Yoga and Cultivating Stability and Ease
An asana (yoga postures) is a good seat for the mind and the body and a good seat is one that is both stable and easeful. We stabilize the mind in part through drishti (a steady and easeful focus for the eyes) and in part through breath. Not by trying to control the breath, but by giving it space. And, when it comes to the body, the asanas bring moments of physical stability and we learn to maintain this stability with ease (not to be confused with easy) rather than resistance. Those moments when we feel the difference between holding space with stability and ease rather than rigidity and resistance brings the essence of yoga to life.
Stability and Ease in Daily Life
This unity of stability and ease is not only present in the context of yoga asanas but it is relevant in our life as a whole. If we feel grounded/stable with who we are we don’t fear falling, in part because we are solid and in part because we know how to get back up without too much drama not if we fall but when we fall; As being grounded is rooted in humility and in the acceptance that there will always be windy periods and that falling does not mean I have to lose my inner stability. In the same way, if we cultivate the sense of ease, we soften our edge and stop taking ourselves too seriously which brings curiosity and the feeling of possibilities to the mind. If we only focus on stability we become rigid, serious and intense and one strong wind will split us in half (burn out). And, if we make it all about ease, we loose touch with our grounding and we drift into laziness. The unity of effort/discipline and effortlessness/acceptance brings the harmony.

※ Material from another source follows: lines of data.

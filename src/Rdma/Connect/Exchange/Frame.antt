-- ===== src/Rdma/Connect/Exchange/Frame.antt =====
-- What setting up a connection leaves alone.
use sponge_bob.Prelude.{
  ℕ, zero, suc, ◌+◌, ◌≡◌, refl, ap, subst, ◌∙◌, Bool, true, false, Option, none, some, List, arith,
  below, get_elem?, ℤ, ◌⊎◌, inl, inr,
}
use sponge_bob.Result.{Result, ok, ◌>>=◌, or_fault, out_of_range, null_pointer, bind_ok}
use sponge_bob.Rdma.Types.{RdmaSocket, PeerSockData}
use sponge_bob.Rdma.Connect.Types.{ExchangeId, ExchangeMeta, Layout, Net}
use sponge_bob.Rdma.Connect.Sync.{data_sync}
use sponge_bob.Rdma.Connect.Pairs.{choose_cq, create_queue_pair, init_attr}
use sponge_bob.Rdma.Connect.Exchange.{
  Locals, local_id, take_id, pairs_of, create_pairs, my_gid, local_meta, take_meta, ready_pairs,
  exchange_metas, connect_pairs, connect_queue_pair,
}

-- The socket changes in `cqPtr` alone, and the peer keeps its node number.
pub record Frame (peer peer' : PeerSockData) (r r' : RdmaSocket) : Type 0 where
  pub socket : r' ≡ record r { cq_ptr = r'.cq_ptr }
  pub node : peer'.node_id ≡ peer.node_id

Frame-trans :
    {p p' p'' : PeerSockData} {r r' r'' : RdmaSocket}
    → Frame p p' r r'
    → Frame p' p'' r' r''
    → Frame p p'' r r''
Frame-trans {r'' = r''} a b = record {
  socket = b.socket ∙ ap (λ (s : RdmaSocket). record s { cq_ptr = r''.cq_ptr }) a.socket;
  node = b.node ∙ a.node;
}

choose_cq-frame :
    (peer : PeerSockData) (offset : ℕ) (r : RdmaSocket)
    → (choose_cq peer offset r).1 ≡ record r { cq_ptr = (choose_cq peer offset r).1.cq_ptr }
unfolding choose_cq
choose_cq-frame peer offset r = ground arith

module _ {F : Type 0} (net : Net F) where
  create_queue_pair-Frame :
      (peer : PeerSockData) (offset : ℕ) (r : RdmaSocket) (f : F) (peer' : PeerSockData)
      (r' : RdmaSocket) (f' : F)
      → create_queue_pair net peer offset r f ≡ ok (peer', r', f')
      → Frame peer peer' r r'
  unfolding create_queue_pair
  create_queue_pair-Frame peer offset r f peer' r' f' e =
      let (cq, _, e1) =
        bind_ok (or_fault (get_elem? r.cq (choose_cq peer offset r).0) out_of_range) _ _ e in
      let (qp, _, e2) =
        bind_ok (or_fault (net.create_qp (init_attr cq r) f).0 null_pointer) _ _ e1 in
      let same : (choose_cq peer offset r).1 ≡ r' = cc in
      record {
        socket =
            subst (λ (s : RdmaSocket). s ≡ record r { cq_ptr = s.cq_ptr }) same
              (choose_cq-frame peer offset r);
        node = ground (arith, e2);
      }

  create_pairs-Frame :
      (n i : ℕ) (peer : PeerSockData) (r : RdmaSocket) (f : F) (peer' : PeerSockData)
      (r' : RdmaSocket) (f' : F)
      → create_pairs net n i peer r f ≡ ok (peer', r', f')
      → Frame peer peer' r r'
  unfolding create_pairs
  create_pairs-Frame zero i peer r f peer' r' f' e = record {
    socket = ground (arith, e);
    node = ground (arith, e);
  }
  create_pairs-Frame (suc n) i peer r f peer' r' f' e =
      let ((p1, r1, f1), made, rest) = bind_ok (create_queue_pair net peer i r f) _ _ e in
      Frame-trans (create_queue_pair-Frame peer i r f p1 r1 f1 made)
        (create_pairs-Frame n (i + 1) p1 r1 f1 peer' r' f' rest)

  module _ (ids : Layout ExchangeId) (metas : Layout ExchangeMeta) (reads : ℕ) where
    exchange_metas-Frame :
        (locals : Locals) (gid : List ℕ) (peer : PeerSockData) (r : RdmaSocket) (f : F)
        (done : Bool) (peer' : PeerSockData) (r' : RdmaSocket) (f' : F)
        → exchange_metas net ids metas reads locals gid peer r f ≡ ok (done, peer', r', f')
        → Frame peer peer' r r'
    unfolding exchange_metas
    exchange_metas-Frame locals gid peer r f done peer' r' f' e =
        let ((rc, buffer, f1), sent, rest) =
          bind_ok
            (data_sync net reads peer.sock metas.size
              (metas.to_bytes (local_meta net locals.local_meta gid peer r f)) locals.remote_meta f)
            _ _ e in
        go rc buffer f1 (below rc 0) refl rest
      where
        go :
            (rc : ℤ) (buffer : List ℕ) (f1 : F) (b : Bool)
            → below rc 0 ≡ b
            → (elim b as (λ _. Result (Bool × PeerSockData × RdmaSocket × F)) [
              | true ↦ ok (false, peer, r, f1)
              | false ↦ do
                let peer1 = take_meta net (metas.of_bytes buffer) peer
                (d, f2) ← ready_pairs net (pairs_of peer r) peer1.qp peer1.qp_num peer1.lid r f1
                ok (d, peer1, r, f2)
            ])
              ≡ ok (done, peer', r', f')
            → Frame peer peer' r r'
        go rc buffer f1 true h x = record { socket = ground (arith, x); node = ground (arith, x) }
        go rc buffer f1 false h x =
            let peer1 = take_meta net (metas.of_bytes buffer) peer in
            let (_, _, y) =
              bind_ok (ready_pairs net (pairs_of peer r) peer1.qp peer1.qp_num peer1.lid r f1) _ _
                x in
            record { socket = ground (arith, y); node = ground (arith, y) }

    connect_pairs-Frame :
        (locals : Locals) (peer : PeerSockData) (r : RdmaSocket) (f : F) (done : Bool)
        (peer' : PeerSockData) (r' : RdmaSocket) (f' : F)
        → connect_pairs net ids metas reads locals peer r f ≡ ok (done, peer', r', f')
        → Frame peer peer' r r'
    unfolding connect_pairs
    connect_pairs-Frame locals peer r f done peer' r' f' e =
        let ((p1, r1, f1), made, rest) =
          bind_ok (create_pairs net (pairs_of peer r) 0 peer r f) _ _ e in
        Frame-trans (create_pairs-Frame (pairs_of peer r) 0 peer r f p1 r1 f1 made)
          (go p1 r1 (my_gid net r1 f1).1 (my_gid net r1 f1).0 rest)
      where
        go :
            (p1 : PeerSockData) (r1 : RdmaSocket) (f2 : F) (gid : Option (List ℕ))
            → (elim gid as (λ _. Result (Bool × PeerSockData × RdmaSocket × F)) [
              | none ↦ ok (false, p1, r1, f2)
              | some id ↦ exchange_metas net ids metas reads locals id p1 r1 f2
            ])
              ≡ ok (done, peer', r', f')
            → Frame p1 peer' r1 r'
        go p1 r1 f2 none x = record { socket = ground (arith, x); node = ground (arith, x) }
        go p1 r1 f2 (some id) x = exchange_metas-Frame locals id p1 r1 f2 done peer' r' f' x

    -- What server 1 does with a client's connection: the number that the call leaves in `MaxNodeID`,
    -- and the one that the client is filed under. The identity of the other end is that which the
    -- first exchange, when it succeeds, leaves in the buffer.
    pub connect_queue_pair-given :
        (locals : Locals) (peer : PeerSockData) (r : RdmaSocket) (f : F) (done : Bool)
        (peer' : PeerSockData) (r' : RdmaSocket) (f' : F)
        → connect_queue_pair net ids metas reads locals peer r f ≡ ok (done, peer', r', f')
        → ((r' ≡ record r { cq_ptr = r'.cq_ptr }) × (done ≡ false))
          ⊎ ((rc : ℤ) × (buffer : List ℕ) × (f1 : F) × (data_sync net reads peer.sock ids.size
                  (ids.to_bytes (local_id r))
                  locals.remote_id
                  f
                ≡ ok (rc, buffer, f1))
              × (below rc 0 ≡ false)
              × (r' ≡ record (take_id (ids.of_bytes buffer) peer r).1 { cq_ptr = r'.cq_ptr })
              × (peer'.node_id ≡ (take_id (ids.of_bytes buffer) peer r).0.node_id))
    unfolding connect_queue_pair
    connect_queue_pair-given locals peer r f done peer' r' f' e =
        let ((rc, buffer, f1), sent, rest) =
          bind_ok
            (data_sync net reads peer.sock ids.size (ids.to_bytes (local_id r)) locals.remote_id f)
            _ _ e in
        elim (go rc buffer f1 (below rc 0) refl rest) [
          | inl x ↦ inl x
          | inr (n, socket, node) ↦ inr (rc, buffer, f1, sent, n, socket, node)
        ]
      where
        go :
            (rc : ℤ) (buffer : List ℕ) (f1 : F) (b : Bool)
            → below rc 0 ≡ b
            → (elim b as (λ _. Result (Bool × PeerSockData × RdmaSocket × F)) [
              | true ↦ ok (false, peer, r, f1)
              | false ↦
                  connect_pairs net ids metas reads locals
                    (take_id (ids.of_bytes buffer) peer r).0
                    (take_id (ids.of_bytes buffer) peer r).1
                    f1
            ])
              ≡ ok (done, peer', r', f')
            → ((r' ≡ record r { cq_ptr = r'.cq_ptr }) × (done ≡ false))
              ⊎ ((below rc 0 ≡ false)
                  × (r' ≡ record (take_id (ids.of_bytes buffer) peer r).1 { cq_ptr = r'.cq_ptr })
                  × (peer'.node_id ≡ (take_id (ids.of_bytes buffer) peer r).0.node_id))
        go rc buffer f1 true n x = inl (ground (arith, x), ground (arith, x))
        go rc buffer f1 false n x =
            let k =
              connect_pairs-Frame locals (take_id (ids.of_bytes buffer) peer r).0
                (take_id (ids.of_bytes buffer) peer r).1 f1 done peer' r' f' x in
            inr (n, k.socket, k.node)
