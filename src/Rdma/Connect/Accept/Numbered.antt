-- ===== src/Rdma/Connect/Accept/Numbered.antt =====
-- The clients that joined server 1 keep their places.
use sponge_bob.Prelude.{
  ℕ, ◌+◌, ◌^◌, ◌≤◌, ◌<◌, ◌≡◌, refl, sym, subst, ◌∙◌, true, some, arith, ◌⊎◌, inl, inr, Bool-cases,
  ◌==◌,
}
use sponge_bob.Result.{ok}
use sponge_bob.Containers.Table
use sponge_bob.Containers.Table.{find-assign}
use sponge_bob.Rdma.Types.{RdmaSocket, PeerSockData}
use sponge_bob.Rdma.Connect.Types.{ExchangeId}
use sponge_bob.Rdma.Connect.Exchange.{take_id}
use sponge_bob.Rdma.Connect.Accept.{file_peer}

-- Server 1, whose clients have numbers above those of the servers and below the next one to be given.
pub record Numbered (r : RdmaSocket) : Type 0 where
  pub server : r.is_server ≡ true
  pub first : r.my_node_id ≡ 1
  pub above : r.server_count < r.max_node_id
  pub below_next :
      (k : ℕ) (peer : PeerSockData) → Table.find k r.peers ≡ some peer → k < r.max_node_id

-- From `r` to `r'` the clients keep their places, numbers are given in order, `n` of them at most,
-- and a client that joins gets one from `low` on.
pub record Kept (n low : ℕ) (r r' : RdmaSocket) : Type 0 where
  pub numbered : Numbered r'
  pub servers : r'.server_count ≡ r.server_count
  pub rising : r.max_node_id ≤ r'.max_node_id
  pub given : r'.max_node_id ≤ r.max_node_id + n
  pub clients :
      (k : ℕ) (peer : PeerSockData)
      → r.server_count < k
      → Table.find k r.peers ≡ some peer
      → Table.find k r'.peers ≡ some peer
  pub joined :
      (k : ℕ) (peer : PeerSockData)
      → r.server_count < k
      → Table.find k r'.peers ≡ some peer
      → (Table.find k r.peers ≡ some peer) ⊎ (low ≤ k)

pub Kept-trans :
    {m n low low' : ℕ} {r s t : RdmaSocket}
    → low ≤ low'
    → Kept m low r s
    → Kept n low' s t
    → Kept (m + n) low r t
Kept-trans {low = low} {r = r} h a b = record {
  numbered = b.numbered;
  servers = b.servers ∙ a.servers;
  rising = omega (arith, a.rising, b.rising);
  given = omega (arith, a.given, b.given);
  clients = λ k peer above f.
      b.clients k peer (omega (arith, above, a.servers)) (a.clients k peer above f);
  joined = λ k peer above f. elim (b.joined k peer (omega (arith, above, a.servers)) f) [
    | inl old ↦ a.joined k peer above old
    | inr new ↦ inr (omega (arith, h, new))
  ];
}

-- The socket with another `cqPtr`, and another `MaxNodeID` that is not smaller.
pub moved_on :
    (r r' : RdmaSocket) (m n low : ℕ)
    → Numbered r
    → m ≡ r.max_node_id + n
    → r' ≡ record r { cq_ptr = r'.cq_ptr; max_node_id = m }
    → Kept n low r r'
moved_on r r' m n low h q e = subst (Kept n low r) (sym e) (record {
  numbered = record {
    server = h.server;
    first = h.first;
    above = omega (arith, h.above, q);
    below_next = λ k peer f. omega (arith, h.below_next k peer f, q);
  };
  servers = refl;
  rising = omega (arith, q);
  given = omega (arith, q);
  clients = λ k peer above f. f;
  joined = λ k peer above f. inl f;
})

-- Filing a peer under a server's number, or under the last number given.
pub filed :
    (node_id : ℕ) (peer : PeerSockData) (r r' : RdmaSocket) (first_free : ℕ)
    → Numbered r
    → file_peer node_id peer r ≡ ok r'
    → ((k : ℕ) (p : PeerSockData) → Table.find k r.peers ≡ some p → k < first_free)
    → first_free ≤ r.max_node_id
    → (node_id ≤ r.server_count) ⊎ ((first_free ≤ node_id) × (node_id < r.max_node_id))
    → Kept 0 first_free r r'
filed node_id peer r r' first_free h e old ff place = subst (Kept 0 first_free r) same (record {
  numbered = record {
    server = h.server;
    first = h.first;
    above = h.above;
    below_next = λ k p f. elim (Bool-cases (node_id == k)) [
      | inl q ↦ below_max k q place
      | inr q ↦ h.below_next k p (ground (arith, f, q, find-assign k node_id peer r.peers))
    ];
  };
  servers = refl;
  rising = omega arith;
  given = omega arith;
  clients = λ k p above f. elim (Bool-cases (node_id == k)) [
    | inl q ↦ absurd (not_old k q p above f place)
    | inr q ↦ ground (arith, f, q, find-assign k node_id peer r.peers)
  ];
  joined = λ k p above f. elim (Bool-cases (node_id == k)) [
    | inl q ↦ inr (new_number k q above place)
    | inr q ↦ inl (ground (arith, f, q, find-assign k node_id peer r.peers))
  ];
})
  where
    same : record r { peers = Table.assign node_id peer r.peers } ≡ r'
    same = ground (arith, e)

    below_max :
        (k : ℕ)
        → (node_id == k) ≡ true
        → (node_id ≤ r.server_count) ⊎ ((first_free ≤ node_id) × (node_id < r.max_node_id))
        → k < r.max_node_id
    below_max k q (inl l) = ground (arith, q, l, h.above)
    below_max k q (inr (l, m)) = ground (arith, q, m)

    new_number :
        (k : ℕ)
        → (node_id == k) ≡ true
        → r.server_count < k
        → (node_id ≤ r.server_count) ⊎ ((first_free ≤ node_id) × (node_id < r.max_node_id))
        → first_free ≤ k
    new_number k q above (inl l) = absurd (ground (arith, q, l, above))
    new_number k q above (inr (l, m)) = ground (arith, q, l)

    not_old :
        (k : ℕ)
        → (node_id == k) ≡ true
        → (p : PeerSockData) → r.server_count < k
        → Table.find k r.peers ≡ some p
        → (node_id ≤ r.server_count) ⊎ ((first_free ≤ node_id) × (node_id < r.max_node_id))
        → ⊥
    not_old k q p above f (inl l) = ground (arith, q, l, above)
    not_old k q p above f (inr (l, m)) = ground (arith, q, l, old k p f)

pub Kept-weaken : {m n low : ℕ} {r s : RdmaSocket} → m ≤ n → Kept m low r s → Kept n low r s
Kept-weaken h a = record {
  numbered = a.numbered;
  servers = a.servers;
  rising = a.rising;
  given = omega (arith, a.given, h);
  clients = a.clients;
  joined = a.joined;
}

pub taken :
    (remote : ExchangeId) (peer : PeerSockData) (r : RdmaSocket)
    → Numbered r
    → r.max_node_id + 1 < 2 ^ 16
    → ((remote.is_server ≡ true)
        × (take_id remote peer r ≡ (record peer { node_id = remote.node_id }, r)))
      ⊎ (take_id remote peer r
          ≡ (record peer { node_id = r.max_node_id }, record r { max_node_id = r.max_node_id + 1 }))
unfolding take_id
taken remote peer r h b = elim (Bool-cases remote.is_server) [
  | inl q ↦ inl (q, ground (arith, q, h.server))
  | inr q ↦ inr (ground (arith, q, h.server, h.first, b))
]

From I don’t care what you think to I am not attached to what you think.
The interplay of stability and ease is where the magic resides
One place where we lose our stability and ease is when we define our choices by what we think (or know) others think of us. From this perspective it’s important to know that the freedom lies not in trying to convince ourselves that we don’t care about what people think, but the freedom is found in our ability to cultivate non-attachment which is rooted in stability and ease. The more we understand the difference between I don’t care and I am not attached the more we experience stability and ease and vice versa.
Tips to explore the interplay of stability and ease:
- In asana practice and in daily life, have moments when you steady the eyes and keep them quiet and easeful;
- When standing in line explore standing in a stable and yet easeful manner;
- Get to know you. Are you all about my way or the highway? Are you attached to the idea that hard work and only hard work leads to success? Or, are you unable to make decisions? Are you always looking for the easy way out? Or, do you have more moments when you cultivate practices that enhance your confidence and yet allows for curiosity and possibilities?;
- In effort (sports, work or…), try relaxing the jaw and eyes. Experience how we can be productive without being rigid;
- Call on the feelings of stability in movement and ease in chaos;
- Explore the subject in various ways that are meaningful to you; and
- Practice my guided grounded and light meditation found on the virtual yoga page of my website.
“Happiness is when what you think, what you say, and what you do are in harmony.”